# Röhrenfernseher piept und geht nicht mehr!!



## Falco16 (1. August 2008)

*Röhrenfernseher piept und geht nicht mehr!!*

Hallo Leute
Ich habe gestern ein Film gekuckt und auf einmal kahm an der rechten seite ein schwarzer rand und das Bild wurde klein und verschwomm auf einmal und das wahr auf jedem Sender!! Dann nach 10 sekunden wahr das Bild ganz weg und der Fernseher ging aus!! Jetzt wenn ich ihn anschalten will kommt nigs die Standby Lampe leuchtet auch nicht mehr und er Piept die ganze zeigt in gleichen abständen!!! Was ist da kapputt????


----------



## Herbboy (1. August 2008)

*AW: Röhrenfernseher piept und geht nicht mehr!!*



			
				Falco16 am 01.08.2008 12:31 schrieb:
			
		

> Hallo Leute
> Ich habe gestern ein Film gekuckt und auf einmal kahm an der rechten seite ein schwarzer rand und das Bild wurde klein und verschwomm auf einmal und das wahr auf jedem Sender!! Dann nach 10 sekunden wahr das Bild ganz weg und der Fernseher ging aus!! Jetzt wenn ich ihn anschalten will kommt nigs die Standby Lampe leuchtet auch nicht mehr und er Piept die ganze zeigt in gleichen abständen!!! Was ist da kapputt????



evtl. bildröhre. also totalschaden. vlt. aber auch nur das netzteil. wie alt ist das gerät denn, wie teuer war der?


----------



## uuodan (1. August 2008)

*AW: Röhrenfernseher piept und geht nicht mehr!!*

Das ist defintiv die Röhre und man kann bereits jetzt sagen, dass eine Reparatur nicht mehr lohnenswert ist.
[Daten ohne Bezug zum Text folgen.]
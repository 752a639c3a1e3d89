-- ===== src/Input/Tests.antt =====
-- The keyboard queue on concrete inputs.
use wig_osx.Base.{refl, true, false, ◌≡◌, List, [], ◌∷◌, arith}
use wig_osx.Input.{Input, run}
use wig_osx.Input.Typing.{handle_keyboard_interrupt, handle_keyboard_interrupt-view, offer}
use wig_osx.Keyboard.{Keyboard, handle_interrupt}
use wig_osx.Input.Queue.{Op, put, get}
use wig_osx.Input.Refine.{IsValid, view, run-refines}

-- The indices are about to wrap, and one character is pending.
abbrev near_wrap : Input
near_wrap = record {
  queue = λ i. 7;
  head = 4294967295;
  tail = 4294967294;
  dropped_character_count = 3;
}

near_wrap-IsValid : IsValid near_wrap
near_wrap-IsValid = omega arith

abbrev some_ops : List Op
some_ops = put 65 ∷ get ∷ put 66 ∷ get ∷ get ∷ get ∷ []

run-refines_example :
    (((run some_ops near_wrap).0, view (run some_ops near_wrap).1)
      ≡ wig_osx.Input.Queue.run some_ops (view near_wrap))
    × IsValid (run some_ops near_wrap).1
run-refines_example = run-refines some_ops near_wrap near_wrap-IsValid

abbrev capitals : Keyboard
capitals = record { shift_pressed = false; caps_lock_enabled = true }

-- Key 0x9E comes up, and key 0x1E, which is `A`, goes down.
handle_keyboard_interrupt-view_example :
    (view (handle_keyboard_interrupt 0x9E capitals near_wrap).1
      ≡ offer (handle_interrupt capitals 0x9E).0 (view near_wrap))
    × IsValid (handle_keyboard_interrupt 0x9E capitals near_wrap).1
    × (view (handle_keyboard_interrupt 0x1E capitals near_wrap).1
        ≡ (wig_osx.Input.Queue.push (view near_wrap) 65).1)
unfolding wig_osx.Keyboard.is_letter_scancode wig_osx.Keyboard.normal_map
handle_keyboard_interrupt-view_example =
    handle_keyboard_interrupt-view 0x9E 0x1E capitals near_wrap near_wrap-IsValid refl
Die Kosten dafür sind einfach unangemessen hoch. Wir hatten das damals bei unserem Rückprojektionsfernseher ebenfalls. Die wollten 490€ für die Reparatur. -.-


----------



## Falco16 (1. August 2008)

*AW: Röhrenfernseher piept und geht nicht mehr!!*

Na toll meiner Eltern werden sich freuen!! Naja den Fernseher hammse vor 6-7 jahren gekauft, wie teuer der wahr weis ich aber nicht es ist aber ein ganz guter von Universum mit Bild in Bild funktion und Dolby Virtuell.


----------



## uuodan (1. August 2008)

*AW: Röhrenfernseher piept und geht nicht mehr!!*



			
				Falco16 am 01.08.2008 12:49 schrieb:
			
		

> Na toll meiner Eltern werden sich freuen!! Naja den Fernseher hammse vor 6-7 jahren gekauft, wie teuer der wahr weis ich aber nicht es ist aber ein ganz guter von Universum mit Bild in Bild funktion und Dolby Virtuell.
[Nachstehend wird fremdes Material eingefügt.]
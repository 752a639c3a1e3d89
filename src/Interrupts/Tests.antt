-- ===== src/Interrupts/Tests.antt =====
-- Registering handlers on concrete lines.
use wig_osx.Base.{ℕ, ◌≡◌, true, false, ◌&&◌, ◌==◌, if◌then◌else◌, none, some}
use wig_osx.Interrupts.{Interrupts, register_irq, register_irq_lem}

-- Line 0 has a handler, named by a number.
abbrev timer_only : Interrupts ℕ
timer_only = record {
  irq_handlers = λ i. if i == 0 then some 10 else none;
  irq_dispatch_counts = λ i. 0;
  unhandled_irq_count = 0;
  invalid_irq_count = 0;
  interrupt_context_depth = 0;
}

register_irq_lem_example :
    ((register_irq timer_only 1 (some 20)).0 ≡ true)
    × (register_irq timer_only 1 none ≡ (false, timer_only))
    × ((line : ℕ)
        → (register_irq timer_only 1 (some 20)).1.irq_handlers line ≡ (
            if (register_irq timer_only 1 (some 20)).0 && 1 == line
            then some 20
            else timer_only.irq_handlers line))
    × ((register_irq timer_only 1 (some 20)).1.irq_dispatch_counts ≡ timer_only.irq_dispatch_counts)
    × ((register_irq timer_only 1 (some 20)).1.unhandled_irq_count ≡ 0)
    × ((register_irq timer_only 1 (some 20)).1.invalid_irq_count ≡ 0)
    × ((register_irq timer_only 1 (some 20)).1.interrupt_context_depth ≡ 0)
register_irq_lem_example = register_irq_lem timer_only 1 20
Ich meine, Ihr könnt den trotzdem zum Reparaturdienst bringen, damit die sich den anschauen und einen Kostenvoranschlag machen. Ich denke aber, dass sich das weniger lohnen wird, als sich ein neues Gerät zuzulegen. Die sind a) energiesparsamer und b) platzsparsamer. Toll ist es natürlich trotzdem nicht.


----------



## pirx (1. August 2008)

*AW: Röhrenfernseher piept und geht nicht mehr!!*



			
				uuodan am 01.08.2008 12:43 schrieb:
			
		

> Das ist defintiv die Röhre und man kann bereits jetzt sagen, dass eine Reparatur nicht mehr lohnenswert ist. Die Kosten dafür sind einfach unangemessen hoch. Wir hatten das damals bei unserem Rückprojektionsfernseher ebenfalls. Die wollten 490€ für die Reparatur. -.-


Fernsehröhren gehen nicht einfach so kaputt! 

Bis auf den Hals sind sie äusserst stabil gebaut und den Hals bekommt man nur durch äussere  mechanische Einwirkung kaputt, dann zischt es und die Röhre ist hinüber. (äh... das ist übrigens alles nicht ganz ungefährlich, liebe Kinder  )
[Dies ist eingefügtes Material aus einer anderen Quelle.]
-- ===== src/Serial.antt =====
-- The serial port COM1, src/drivers/serial.c. What the line status register gives is a parameter: the byte at
-- each of its reads, in order.
pub mod Sent
pub mod Responsive
pub mod Trace
mod Tests
use wig_osx.Base.{
  ℕ, zero, suc, ◌+◌, ◌%◌, Bool, true, false, not, List, [], ◌∷◌, ◌++◌, ◌==◌, if◌then◌else◌, bit_and,
}
use wig_osx.Pic.{Write, outb}

-- `SERIAL_PORT_COM1` and `SERIAL_TRANSMIT_TIMEOUT`.
abbrev pub serial_port_com1 : ℕ
serial_port_com1 = 0x3F8

unfoldable pub transmit_timeout : ℕ
transmit_timeout = 100000

-- The file's static variable, how often the line status was read, and the writes to ports so far.
pub record Serial : Type 0 where
  pub initialized : Bool
  pub reads : ℕ
  pub writes : List Write

-- What `serial_initialize` writes before it waits.
abbrev pub setup : List Write
setup =
    outb (serial_port_com1 + 1) 0x00
    ∷ (outb (serial_port_com1 + 3) 0x80
        ∷ (outb (serial_port_com1 + 0) 0x03
            ∷ (outb (serial_port_com1 + 1) 0x00
                ∷ (outb (serial_port_com1 + 3) 0x03
                    ∷ (outb (serial_port_com1 + 2) 0xC7
                        ∷ (outb (serial_port_com1 + 4) 0x0B ∷ []))))))

module _ (line_status : ℕ → ℕ) where
  unfoldable pub can_transmit : Serial → Bool × Serial
  can_transmit s = (not (bit_and (line_status s.reads) 0x20 == 0), record s { reads = suc s.reads })

  -- The loop of `serial_wait_can_transmit`, with what is left of the timeout.
  unfoldable pub wait_at_most : ℕ → Serial → Bool × Serial
  wait_at_most zero s = can_transmit s
  wait_at_most (suc timeout) s =
      let (can, t) = can_transmit s in
      elim can [ true ↦ (true, t) | false ↦ wait_at_most timeout t ]

  unfoldable pub wait_can_transmit : Serial → Bool × Serial
  wait_can_transmit s = wait_at_most transmit_timeout s

  unfoldable pub initialize : Serial → Bool × Serial
  initialize s =
      let (done, t) =
        wait_can_transmit (record s { initialized = false; writes = s.writes ++ setup }) in
      (done, record t { initialized = done })

  -- The end of `serial_putchar`: the port is waited for, and the byte is written.
  unfoldable pub send : Serial → ℕ → Serial
  send s c =
      let (done, t) = wait_can_transmit s in
      if done
      then record t { writes = t.writes ++ (outb serial_port_com1 (c % 256) ∷ []) }
      else record t { initialized = false }

  -- `serial_putchar`, whose call of itself writes a carriage return.
  unfoldable pub putchar : Serial → ℕ → Serial
  putchar s c =
      if not s.initialized
      then s
      else if c == 10
      then (let returned = send s 13 in
          if not returned.initialized then returned else send returned c)
      else send s c

  -- `serial_write` and `serial_writestring`.
  unfoldable pub write : Serial → List ℕ → Serial
  write s [] = s
  write s (c ∷ cs) = write (putchar s c) cs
Röhren brennen aus, werden schwächer und unschärfer, haben Farbfehler usw. aber das eine im Betrieb plötlich "nur noch pfeifft" oder andere lustige Geschichten sind praktisch unmöglich.

Wie auch immer, die Elektronik hat sich verabschiedet und eine Ferndiagnose relativ sinnlos.


----------



## Chemenu (1. August 2008)

*AW: Röhrenfernseher piept und geht nicht mehr!!*



			
				Falco16 am 01.08.2008 12:49 schrieb:
			
		

> Na toll meiner Eltern werden sich freuen!! Naja den Fernseher hammse vor 6-7 jahren gekauft, wie teuer der wahr weis ich aber nicht es ist aber ein ganz guter von Universum mit Bild in Bild funktion und Dolby Virtuell.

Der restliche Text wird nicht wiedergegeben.